Japan’s Abe claims victory in upper house election
TOKYO: Japanese Prime Minister Shinzo Abe claimed victory Sunday for his ruling coalition in the upper house election, vowing to keep alive plans to amend the nation’s pacifist constitution.
With the results, the 64-year-old Abe, who is on course to become Japan’s longest-serving prime minister, aims to shore up his mandate ahead of a crucial consumption tax hike later this year, along with trade negotiations with Washington.
“The ruling parties were given a majority ... as people decided to urge us to firmly push for policies under the stable political base,” Abe told public broadcaster NHK.
“I want to meet their expectations soundly,” he said at the headquarters of his Liberal Democratic Party. Abe’s LDP and its coalition partner Komeito are forecast to take between 67 and 77 of the 124 seats — about half the chamber — up for election on Sunday, according to NHK.

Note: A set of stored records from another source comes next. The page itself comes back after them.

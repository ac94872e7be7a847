-- ===== src/Base/Lists.antt =====
-- Lists measured and indexed by native numbers, under the library's names, and Python's slices.
use Prim.Native.Nat.{ℕ, zero, suc, ◌+◌}
use mathlib.Core.Bool.{Bool, true, false, ◌&&◌, ◌||◌}
use mathlib.Core.Path.{◌≡◌, refl, ap}
use mathlib.Core.List.{List, [], ◌∷◌, ◌++◌}
use mathlib.Core.Option.{Option, none, some}
use native.Mathlib.Omega.{arith}
use unitor_win64_driver.Base.Tests.{◌==◌, if◌then◌else◌}

module _ {ℓ} {A : Type ℓ} where
  abbrev pub length : List A → ℕ
  length [] = 0
  length (x ∷ xs) = suc (length xs)

  abbrev pub get_elem? : List A → ℕ → Option A
  get_elem? [] i = none
  get_elem? (x ∷ xs) zero = some x
  get_elem? (x ∷ xs) (suc i) = get_elem? xs i

  abbrev pub get_or : List A → ℕ → A → A
  get_or [] i d = d
  get_or (x ∷ xs) zero d = x
  get_or (x ∷ xs) (suc i) d = get_or xs i d

  abbrev pub take : ℕ → List A → List A
  take zero xs = []
  take (suc n) [] = []
  take (suc n) (x ∷ xs) = x ∷ take n xs

  abbrev pub drop : ℕ → List A → List A
  drop zero xs = xs
  drop (suc n) [] = []
  drop (suc n) (x ∷ xs) = drop n xs

  -- `xs[-1]`, with the value for an empty list given
  abbrev pub last_or : A → List A → A
  last_or d [] = d
  last_or d (x ∷ xs) = last_or x xs

  abbrev pub first_or : A → List A → A
  first_or d [] = d
  first_or d (x ∷ xs) = x

  -- `xs[1:]`
  abbrev pub rest_of : List A → List A
  rest_of [] = []
  rest_of (x ∷ xs) = xs

  -- `xs[:-1]`
  abbrev pub but_last : List A → List A
  but_last [] = []
  but_last (x ∷ []) = []
  but_last (x ∷ y ∷ ys) = x ∷ but_last (y ∷ ys)

  pub length-append : (xs ys : List A) → length (xs ++ ys) ≡ length xs + length ys
  length-append [] ys = omega arith
  length-append (x ∷ xs) ys = omega (arith, length-append xs ys)

  pub last_or-concat : (d a : A) (xs : List A) → last_or d (xs ++ a ∷ []) ≡ a
  last_or-concat d a [] = refl
  last_or-concat d a (x ∷ xs) = last_or-concat x a xs

  pub but_last-concat : (a : A) (xs : List A) → but_last (xs ++ a ∷ []) ≡ xs
  but_last-concat a [] = refl
  but_last-concat a (x ∷ []) = refl
  but_last-concat a (x ∷ y ∷ ys) = ap (◌∷◌ x) (but_last-concat a (y ∷ ys))

  pub but_last-append-last :
      (d x : A) (xs : List A) → but_last (x ∷ xs) ++ last_or d (x ∷ xs) ∷ [] ≡ x ∷ xs
  but_last-append-last d x [] = refl
  but_last-append-last d x (y ∷ ys) = ap (◌∷◌ x) (but_last-append-last x y ys)

  -- `any(p(x) for x in xs)` and `all(p(x) for x in xs)`
  abbrev pub any : (A → Bool) → List A → Bool
  any p [] = false
  any p (x ∷ xs) = p x || any p xs

  abbrev pub all : (A → Bool) → List A → Bool
  all p [] = true
  all p (x ∷ xs) = p x && all p xs

  -- `[x for x in xs if p(x)]`
  abbrev pub keep : (A → Bool) → List A → List A
  keep p [] = []
  keep p (x ∷ xs) = if p x then x ∷ keep p xs else keep p xs

abbrev pub All {ℓ κ} : {A : Type ℓ} → (A → Type κ) → List A → Type κ
All P [] = Unit
All P (x ∷ xs) = P x × All P xs

module _ {ℓ κ} {A : Type ℓ} (P : A → Type κ) where
  pub All-append : (xs ys : List A) → All P xs → All P ys → All P (xs ++ ys)
  All-append [] ys hx hy = hy
  All-append (x ∷ xs) ys hx hy = (hx.0, All-append xs ys hx.1 hy)

  pub All-concat : (xs : List A) (a : A) → All P xs → P a → All P (xs ++ a ∷ [])
  All-concat xs a hx ha = All-append xs (a ∷ []) hx (ha, tt)

-- `data == other` on byte strings and texts.
abbrev pub equal : List ℕ → List ℕ → Bool
equal [] [] = true
equal (x ∷ xs) (y ∷ ys) = x == y && equal xs ys
equal _ _ = false

pub equal→eq : (xs ys : List ℕ) → equal xs ys ≡ true → xs ≡ ys
equal→eq [] [] h = refl
equal→eq (x ∷ xs) (y ∷ ys) h = ground (arith, equal→eq xs ys)
equal→eq [] (y ∷ ys) h = ground arith
equal→eq (x ∷ xs) [] h = ground arith

pub equal_refl : (xs : List ℕ) → equal xs xs ≡ true
equal_refl [] = refl
equal_refl (x ∷ xs) = ground (arith, equal_refl xs)

-- `data.startswith(prefix)`: the prefix comes first
abbrev pub starts_with : List ℕ → List ℕ → Bool
starts_with [] data' = true
starts_with (p ∷ ps) [] = false
starts_with (p ∷ ps) (x ∷ xs) = p == x && starts_with ps xs

pub starts_with_split : (p xs : List ℕ) → starts_with p xs ≡ true → xs ≡ p ++ drop (length p) xs
starts_with_split [] xs h = refl
starts_with_split (p ∷ ps) [] h = ground arith
starts_with_split (p ∷ ps) (x ∷ xs) h = ground (arith, starts_with_split ps xs)

pub starts_with-append : (p xs : List ℕ) → starts_with p (p ++ xs) ≡ true
starts_with-append [] xs = refl
starts_with-append (p ∷ ps) xs = ground (arith, starts_with-append ps xs)

-- `needle in text`
abbrev pub contains : List ℕ → List ℕ → Bool
contains needle [] = starts_with needle []
contains needle (x ∷ xs) = starts_with needle (x ∷ xs) || contains needle xs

The two parties control 70 seats in the half of the 245-seat chamber that is not being contested, putting them on track to maintain their overall majority. NHK’s projection and similar estimates by other media are based on exit polling and other analysis. Final numbers were not expected until Monday at the earliest.
“The results, which were within expectations, indicated that voters chose the status quo, not a change,” Shinichi Nishikawa, professor of political science at Meiji University in Tokyo, told AFP.
Abe is almost certain to stay in power until November when he will break the record for the nation’s longest-serving premier held by Taro Katsura, a revered politician who served three times between 1901 and 1913.
Local media also predicted that forces in favour of revising the constitution, led by Abe’s LDP, were set to win close to 85 of the seats up for grabs, giving them a “super majority” in the chamber. Following the vote, Abe said he would continue trying to expand support for the revision even if the pro-revision group eventually misses a super majority in the election. Abe has pledged to “clearly stipulate the role of the Self-Defence Forces in the constitution,” which prohibits Japan from waging war and maintaining a military.